Das Argument der CDU, das häufig zur Haushaltssituation der Stadt gemacht wird, ist, daß es sich um hausgemachte Finanzprobleme handelt.Das ist eine Sache, die ich eigentlich am schwierigsten finde. Vorhin hat hier jemand – ich glaube, das war Herr Dr. Christier – zu einem gewissen Hamburger Lokalpatriotismus aufgerufen. Da, finde ich, nimmt die CDU eine problematische Rolle ein. Wenn Sie davon sprechen, daß Hamburg nur hausgemachte Haushaltsprobleme hat, dann habe ich mittlerweile wirklich den Eindruck, daß Sie überhaupt nicht mitbekommen haben, was sich in den letzten Jahren in den Haushalten der Großstädte und vor allem der Stadtstaaten getan hat. Es gibt dort ein Wegbrechen der Einkommensteuerbasis.Das liegt auch daran, daß Bevölkerung und Gewerbe ins Umland ziehen und daß es eine Verdreifachung der Kosten im sozialen Bereich gegeben hat.Insofern steht Hamburg mit anderen Großstädten und vor allen Dingen den anderen Stadtstaaten in einer sehr schwierigen Situation.Wenn die CDU jetzt immer behauptet, das seien hausgemachte Probleme, dann erkennt sie gar nicht und hat keine richtige Analyse über die Schwierigkeit, die Großstädte und Metropolen zum Beispiel in Deutschland haben, sie sind Stichwortgeber für die Länder im Länderfinanzausgleichstreit, die meinen, wir könnten nicht mit Geld umgehen und wir bräuchten weniger.
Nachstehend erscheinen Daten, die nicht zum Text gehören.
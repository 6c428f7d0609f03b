-- ===== src/Tftp/Packet.antt =====
-- The packets of main/ota-tftp.c: the constants, the reads from a `netbuf`, and the packets sent.
use blackmagic_espidf.Base.{ℕ, ◌+◌, ◌*◌, ◌/◌, ◌%◌, List, [], ◌∷◌, ◌++◌, length, get_or}
use blackmagic_espidf.Base.Text.{codes}

-- lwIP's `err_t`; `err` stands for its other errors, by their numbers.
pub data ErrT : Type 0 where
  err_ok err_timeout err_val err_if err_use : ErrT
  err : ℕ → ErrT

-- A `netbuf`: the segments of one datagram.
abbrev pub Netbuf : Type 0
Netbuf = List (List ℕ)

-- The datagram.
abbrev pub bytes : Netbuf → List ℕ
bytes [] = []
bytes (seg ∷ segs) = seg ++ bytes segs

abbrev pub netbuf_len : Netbuf → ℕ
netbuf_len b = length (bytes b)

-- `netbuf_copy_partial` leaves what lies behind the datagram's end as it was, `junk`.
abbrev read_u8 : ℕ → Netbuf → ℕ → ℕ
read_u8 junk b offs = get_or (bytes b) offs junk

-- `ntohs` of the two bytes at `offs`.
abbrev pub read_u16_n : ℕ → Netbuf → ℕ → ℕ
read_u16_n junk b offs = read_u8 junk b offs * 256 + read_u8 junk b (offs + 1)

-- `htons` of an `int`, as the two bytes in memory.
abbrev u16_n : ℕ → List ℕ
u16_n n = n / 256 % 256 ∷ n % 256 ∷ []

abbrev pub op_rrq : ℕ
op_rrq = 1

abbrev pub op_wrq : ℕ
op_wrq = 2

abbrev pub op_data : ℕ
op_data = 3

abbrev op_ack : ℕ
op_ack = 4

abbrev op_error : ℕ
op_error = 5

abbrev pub err_file_not_found : ℕ
err_file_not_found = 1

abbrev pub err_illegal : ℕ
err_illegal = 4

abbrev pub firmware_file : List ℕ
firmware_file = codes "firmware.bin"

abbrev pub octet_mode : List ℕ
octet_mode = codes "octet"

-- What `tftp_send_ack`, `tftp_send_error` and `tftp_send_rrq` hand to `netconn_send`.
abbrev pub ack_packet : ℕ → List ℕ
ack_packet block = u16_n op_ack ++ u16_n block

abbrev pub error_packet : ℕ → List ℕ → List ℕ
error_packet code msg = u16_n op_error ++ u16_n code ++ msg ++ 0 ∷ []

abbrev pub rrq_packet : List ℕ → List ℕ
rrq_packet filename = u16_n op_rrq ++ (filename ++ 0 ∷ (octet_mode ++ 0 ∷ []))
(Dr. Michael Freytag CDU: Dafür gibt es eine Lö- sung!)

Was wäre dafür eine Lösung, wenn wir noch mehr zahlen müßten im Länderfinanzausgleich?
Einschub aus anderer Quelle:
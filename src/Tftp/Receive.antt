-- ===== src/Tftp/Receive.antt =====
-- `tftp_receive_data` of main/ota-tftp.c. lwIP and the flash are parameters: what each
-- `netconn_recv` returns is a list, what `netconn_send` and `esp_ota_write` return are functions of
-- what they are given.
use blackmagic_espidf.Base.{
  ℕ, ◌+◌, ◌-◌, Bool, true, false, ◌&&◌, Option, none, some, List, [], ◌∷◌, ◌++◌, length, drop, ltb,
  ◌==◌, if◌then◌else◌,
}
use blackmagic_espidf.Base.Text.{codes}
use blackmagic_espidf.Tftp.Packet.{
  ErrT, err_ok, err_timeout, err_val, Netbuf, netbuf_len, read_u16_n, op_data, err_illegal,
  ack_packet, error_packet,
}

-- What `netconn_recv` returns: a datagram with its sender, or an error and no buffer.
pub data Recv : Type 0 where
  datagram : (from : ℕ) → Netbuf → Recv
  timeout : Recv
  failed : ErrT → Recv

-- The calls that have an effect outside.
pub data Action : Type 0 where
  send : List ℕ → Action
  ota_write : List ℕ → Action
  netbuf_delete : Action
  connect : (peer : ℕ) → Action
  disconnect : Action
  receive_cb : (received_len : ℕ) → Action

pub data Outcome : Type 0 where
  -- The error code, `received_len`, and what is not read.
  returned : ErrT → ℕ → List Recv → Outcome
  -- It still waits for `netconn_recv`.
  pending : Outcome
  -- The first segment of a datagram is shorter than the header that is skipped in it: a read behind
  -- its end.
  undefined : Outcome

pub record World : Type 0 where
  -- What the memory holds behind a short datagram.
  pub junk : ℕ
  pub send_result : List ℕ → ErrT
  -- Whether `esp_ota_write` succeeds, at the number of bytes written before.
  pub write_result : ℕ → List ℕ → Bool
  -- Whether a `receive_cb` was given.
  pub callback : Bool

-- The variables of the loop. `peer` is `peer_addr`, while it is not null.
pub record State : Type 0 where
  pub received_len : ℕ
  pub block : ℕ
  pub retries : ℕ
  pub peer : Option ℕ

abbrev pub retransmits : ℕ
retransmits = 10

abbrev pub data_packet_sz : ℕ
data_packet_sz = 512 + 4

abbrev header_length : ℕ
header_length = 4

pub data Next : Type 0 where
  continue : State → List Action → Next
  return : ErrT → ℕ → List Action → Next
  overrun : List Action → Next

-- The loop over the segments behind the first, and whether all of them are written.
unfoldable pub write_chunks : World → ℕ → List (List ℕ) → List Action × Bool
write_chunks w written [] = ([], true)
write_chunks w written (chunk ∷ chunks) =
    let (acts, done) = write_chunks w (written + length chunk) chunks in
    if w.write_result written chunk
    then (ota_write chunk ∷ acts, done)
    else (ota_write chunk ∷ [], false)

-- The segments without the header.
abbrev payload_chunks : Netbuf → Option (List (List ℕ))
payload_chunks [] = none
payload_chunks (seg ∷ segs) =
    if ltb (length seg) header_length then none else some (drop header_length seg ∷ segs)

-- The call of `receive_cb`.
abbrev pub progress : World → ℕ → List Action
progress w received = if w.callback then receive_cb received ∷ [] else []

-- From the result of the acknowledgement to the end of the loop's body; `len` is the datagram's.
unfoldable pub acked : World → State → ℕ → ErrT → Next
acked w s len err_ok =
    if ltb len data_packet_sz
    then return err_ok s.received_len (progress w s.received_len)
    else continue (record s { block = s.block + 1 }) (progress w s.received_len)
acked w s len e = return e s.received_len []

abbrev pub after : List Action → Next → Next
after acts (continue s acts') = continue s (acts ++ acts')
after acts (return e n acts') = return e n (acts ++ acts')
after acts (overrun acts') = overrun (acts ++ acts')

-- The rest of the loop's body, when the block is written.
abbrev pub finish_block : World → State → ℕ → Next
finish_block w s len =
    let ack : List ℕ = ack_packet s.block in
    after (netbuf_delete ∷ send ack ∷ []) (
      acked w (record s { received_len = s.received_len + (len - header_length) }) len
        (w.send_result ack))

abbrev pub if_written : State → List Action × Bool → Next → Next
if_written s (acts, true) next = after acts next
if_written s (acts, false) next = return err_val s.received_len acts

-- The datagram carries the expected block; `len` is its length.
unfoldable pub accept_chunks : World → State → ℕ → Option (List (List ℕ)) → Next
accept_chunks w s len none = overrun []
accept_chunks w s len (some chunks) =
    if_written s (write_chunks w s.received_len chunks)
      (finish_block w (record s { retries = retransmits }) len)

abbrev pub accept_block : World → State → Netbuf → Next
accept_block w s b = accept_chunks w s (netbuf_len b) (payload_chunks b)

-- `tftp_send_error`, whose result nobody reads.
abbrev pub send_error : List ℕ → Action
send_error msg = send (error_packet err_illegal msg)

unfoldable pub on_datagram : World → State → Netbuf → Next
on_datagram w s b =
    if read_u16_n w.junk b 0 == op_data
    then (let client_block : ℕ = read_u16_n w.junk b 2 in
        if client_block == s.block
        then accept_block w s b
        else (if client_block == s.block - 1
            then continue s (netbuf_delete ∷ send (ack_packet (s.block - 1)) ∷ [])
            else return err_val s.received_len
                (netbuf_delete ∷ send_error (codes "Block# out of order") ∷ [])))
    else return err_val s.received_len (send_error (codes "Unknown opcode") ∷ netbuf_delete ∷ [])

unfoldable pub on_timeout : State → Next
on_timeout s =
    if ltb 0 s.retries && ltb 1 s.block
    then continue (record s { retries = s.retries - 1 }) (send (ack_packet (s.block - 1)) ∷ [])
    else return err_timeout s.received_len (send_error (codes "Timeout") ∷ [])

unfoldable pub on_failure : ErrT → State → Next
on_failure e s = return e s.received_len (send_error (codes "Failed to receive packet") ∷ [])

-- A client that has not heard from the server yet reconnects round each `netconn_recv`.
unfoldable pub connections : Option ℕ → Recv → Option ℕ × List Action
connections none r = (none, [])
connections (some peer) (datagram from b) = (none, disconnect ∷ connect from ∷ [])
connections (some peer) timeout = (some peer, disconnect ∷ connect peer ∷ [])
connections (some peer) (failed e) = (some peer, disconnect ∷ connect peer ∷ [])

unfoldable pub dispatch : World → State → Recv → Next
dispatch w s (datagram from b) = on_datagram w s b
dispatch w s timeout = on_timeout s
dispatch w s (failed e) = on_failure e s

-- One round of the loop.
unfoldable pub round : World → State → Recv → Next
round w s r =
    let (peer', acts) = connections s.peer r in
    after acts (dispatch w (record s { peer = peer' }) r)

unfoldable pub receive_loop : World → State → List Recv → List Action × Outcome
receive_loop w s [] = ([], pending)
receive_loop w s (r ∷ rs) = elim (round w s r) [
  | continue s' acts ↦ let (acts', o) = receive_loop w s' rs in (acts ++ acts', o)
  | return e n acts ↦ (acts, returned e n rs)
  | overrun acts ↦ (acts, undefined)
]

unfoldable pub receive_data : World → Option ℕ → List Recv → List Action × Outcome
receive_data w peer rs =
    receive_loop w (record { received_len = 0; block = 1; retries = retransmits; peer = peer }) rs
(Dr. Michael Freytag CDU: Im nächsten September machen wir das anders!)

Herr Dr. Freytag, Sie müssen Ihre Kritik nur ein bißchen auf eine realistische Basis setzen. Sie kommen mit dem Vergleich von Flächenländern, um unsere Finanzierungsdefizitquote zu beurteilen. Ich finde, Sie haben recht, wir können alle Zahlen lesen. Aber wenn Sie behaupten, es seien hausgemachte Probleme, dann erkennen Sie die Probleme und auch die Interessen Hamburgs nicht an.
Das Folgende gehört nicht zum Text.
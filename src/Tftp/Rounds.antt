-- ===== src/Tftp/Rounds.antt =====
-- One round of `tftp_receive_data` at a time: what each kind of datagram does.
use blackmagic_espidf.Base.{
  ℕ, zero, suc, ◌+◌, ◌-◌, ◌/◌, ◌%◌, ◌≤◌, ◌<◌, ◌≡◌, refl, sym, ◌∙◌, ap, true, false, List, [], ◌∷◌,
  ◌++◌, map, append_assoc, length, drop, ltb, lt→ltb, arith,
}
use blackmagic_espidf.Tftp.Packet.{err_ok, Netbuf, bytes, netbuf_len, op_data, ack_packet}
use blackmagic_espidf.Tftp.Receive.{
  Action, send, ota_write, netbuf_delete, connect, disconnect, receive_cb, World, State,
  retransmits, data_packet_sz, continue, return, write_chunks, finish_block, after, accept_chunks,
  acked, progress, accept_block,
}

-- The network and the flash take everything.
pub record IsHealthy (w : World) : Type 0 where
  pub sends : (p : List ℕ) → w.send_result p ≡ err_ok
  pub writes : (n : ℕ) (chunk : List ℕ) → w.write_result n chunk ≡ true

-- A datagram that carries `payload` as block `n`, in any segments, the header in the first.
pub record IsData (n : ℕ) (payload seg : List ℕ) (segs : Netbuf) : Type 0 where
  pub small : n < 65536
  pub header : 4 ≤ length seg
  pub content : bytes (seg ∷ segs) ≡ 0 ∷ op_data ∷ n / 256 % 256 ∷ n % 256 ∷ payload

-- The bytes that a list of actions writes to the flash.
abbrev pub written : List Action → List ℕ
written [] = []
written (ota_write chunk ∷ acts) = chunk ++ written acts
written (send p ∷ acts) = written acts
written (netbuf_delete ∷ acts) = written acts
written (connect peer ∷ acts) = written acts
written (disconnect ∷ acts) = written acts
written (receive_cb n ∷ acts) = written acts

pub written-append : (xs ys : List Action) → written (xs ++ ys) ≡ written xs ++ written ys
written-append [] ys = refl
written-append (ota_write chunk ∷ xs) ys =
    rw (written-append xs ys) (sym (append_assoc chunk (written xs) (written ys)))
written-append (send p ∷ xs) ys = written-append xs ys
written-append (netbuf_delete ∷ xs) ys = written-append xs ys
written-append (connect peer ∷ xs) ys = written-append xs ys
written-append (disconnect ∷ xs) ys = written-append xs ys
written-append (receive_cb n ∷ xs) ys = written-append xs ys

written-writes : (chunks : List (List ℕ)) → written (map ota_write chunks) ≡ bytes chunks
written-writes [] = refl
written-writes (chunk ∷ chunks) = ap (λ l. chunk ++ l) (written-writes chunks)

drop-append : (n : ℕ) (xs ys : List ℕ) → n ≤ length xs → drop n (xs ++ ys) ≡ drop n xs ++ ys
drop-append zero xs ys h = refl
drop-append (suc n) [] ys h = absurd (omega arith)
drop-append (suc n) (x ∷ xs) ys h = drop-append n xs ys (omega arith)

ltb-false : (a b : ℕ) → b ≤ a → ltb a b ≡ false
ltb-false a b h = ground arith

-- What follows the writes of a block: the datagram is deleted, the block acknowledged.
abbrev pub reports : World → ℕ → ℕ → List Action
reports w block received = netbuf_delete ∷ send (ack_packet block) ∷ progress w received

pub written-reports : (w : World) (block received : ℕ) → written (reports w block received) ≡ []
written-reports w block received = ground arith

module _ (w : World) (healthy : IsHealthy w) where
  write_chunks-healthy :
      (k : ℕ) (chunks : List (List ℕ)) → write_chunks w k chunks ≡ (map ota_write chunks, true)
  unfolding write_chunks
  write_chunks-healthy k [] = refl
  write_chunks-healthy k (chunk ∷ chunks) =
      rw (healthy.writes k chunk, write_chunks-healthy (k + length chunk) chunks)

  pub accept_block-healthy :
      (s : State) {n : ℕ} {payload seg : List ℕ} {segs : Netbuf}
      → IsData n payload seg segs
      → (acts : List Action) × (accept_block w s (seg ∷ segs)
          ≡ after acts
              (finish_block w (record s { retries = retransmits }) (netbuf_len (seg ∷ segs))))
        × (written acts ≡ payload)
  unfolding accept_chunks
  accept_block-healthy s {n} {payload} {seg} {segs} d =
      let chunks : List (List ℕ) = drop 4 seg ∷ segs in
      (
        map ota_write chunks,
        rw (ltb-false (length seg) 4 d.header, write_chunks-healthy s.received_len chunks),
        written-writes chunks
            ∙ sym (drop-append 4 seg (bytes segs) d.header)
            ∙ ap (drop 4) d.content,
      )

  -- The last round, and the others, on the block that is expected.
  pub finish-last :
      (s : State) (len : ℕ)
      → len < data_packet_sz
      → finish_block w s len
        ≡ return err_ok
            (s.received_len + (len - 4))
            (reports w s.block (s.received_len + (len - 4)))
  unfolding acked
  finish-last s len short = rw (healthy.sends (ack_packet s.block), lt→ltb len data_packet_sz short)

  pub finish-more :
      (s : State) (len : ℕ)
      → data_packet_sz ≤ len
      → finish_block w s len
        ≡ continue
            (record s { received_len = s.received_len + (len - 4); block = s.block + 1 })
            (reports w s.block (s.received_len + (len - 4)))
  unfolding acked
  finish-more s len full =
      rw (healthy.sends (ack_packet s.block), ltb-false len data_packet_sz full)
(Beifall bei der GAL und der SPD)

Richtig naiv und problematisch wird es dann, wenn Sie sagen, Hamburg und vor allen Dingen dieser Senat hätten eigentlich gar nichts getan.

Sie informieren die Öffentlichkeit – das finde ich auch gut – mit den Zahlen der zugewachsenen Steuereinnahmen der letzten vier Jahre. Gemäß der Mitteilung der CDU in ihrer Pressekonferenz ist daran zu erkennen, daß die Steuereinnahmen von 11,8 Milliarden DM auf 14,6 Milliarden DM im Jahr 2000 gestiegen sind. Das ist eine gute Botschaft;

(Zuruf von Dr. Michael Freytag CDU)

dann ist darin ein Druckfehler, ich nehme an, daß Sie das nicht absichtlich machen, und habe es auch nicht anders

im Kopf. Im übrigen sind es die verbleibenden Steuereinnahmen, die 13,6 Milliarden DM betragen.

(Präsidentin Dr. Dorothee Stapelfeldt übernimmt den Vorsitz.)

Des weiteren haben Sie aufgeführt, daß sich die bereinigten Gesamtausgaben des Senats nur um 61 Millionen DM verringert haben. Das soll uns jetzt vermutlich sagen, daß wir nicht richtig konsolidiert hätten und die Steuereinnahmen daneben ganz toll gewachsen seien. Daran soll man vermutlich sehen, daß wir, wenn man die CDU gewählt hätte, eine noch stärkere Haushaltskonsolidierung bekommen hätten.

Wenn von einem 18-Milliarden-Haushalt 1,5 Prozent ungefähr 280 Millionen DM ausmachen und man ganz konservativ davon ausgeht, daß die Preissteigerungsrate 1,5 Prozent beträgt, müssen Sie bei dem, was Sie hier aufstellen, einmal daran denken, daß die Konsolidierungsleistung dieses Senats auch immer die Preissteigerungsrate auffangen mußte und damit real und substantiell weniger Geld zur Verfügung stand. Diese Art der Berechnung stellen Sie jedoch nicht an. Sie führen die Leute in die Irre und suggerieren ihnen, daß ein für alle wahrnehmbares anstrengendes Sparprogramm anscheinend keines gewesen ist. Das zeichnet Sie nicht als eine Fraktion aus, die eine solide Einschätzung für Konsolidierungsprogramme vornehmen könnte.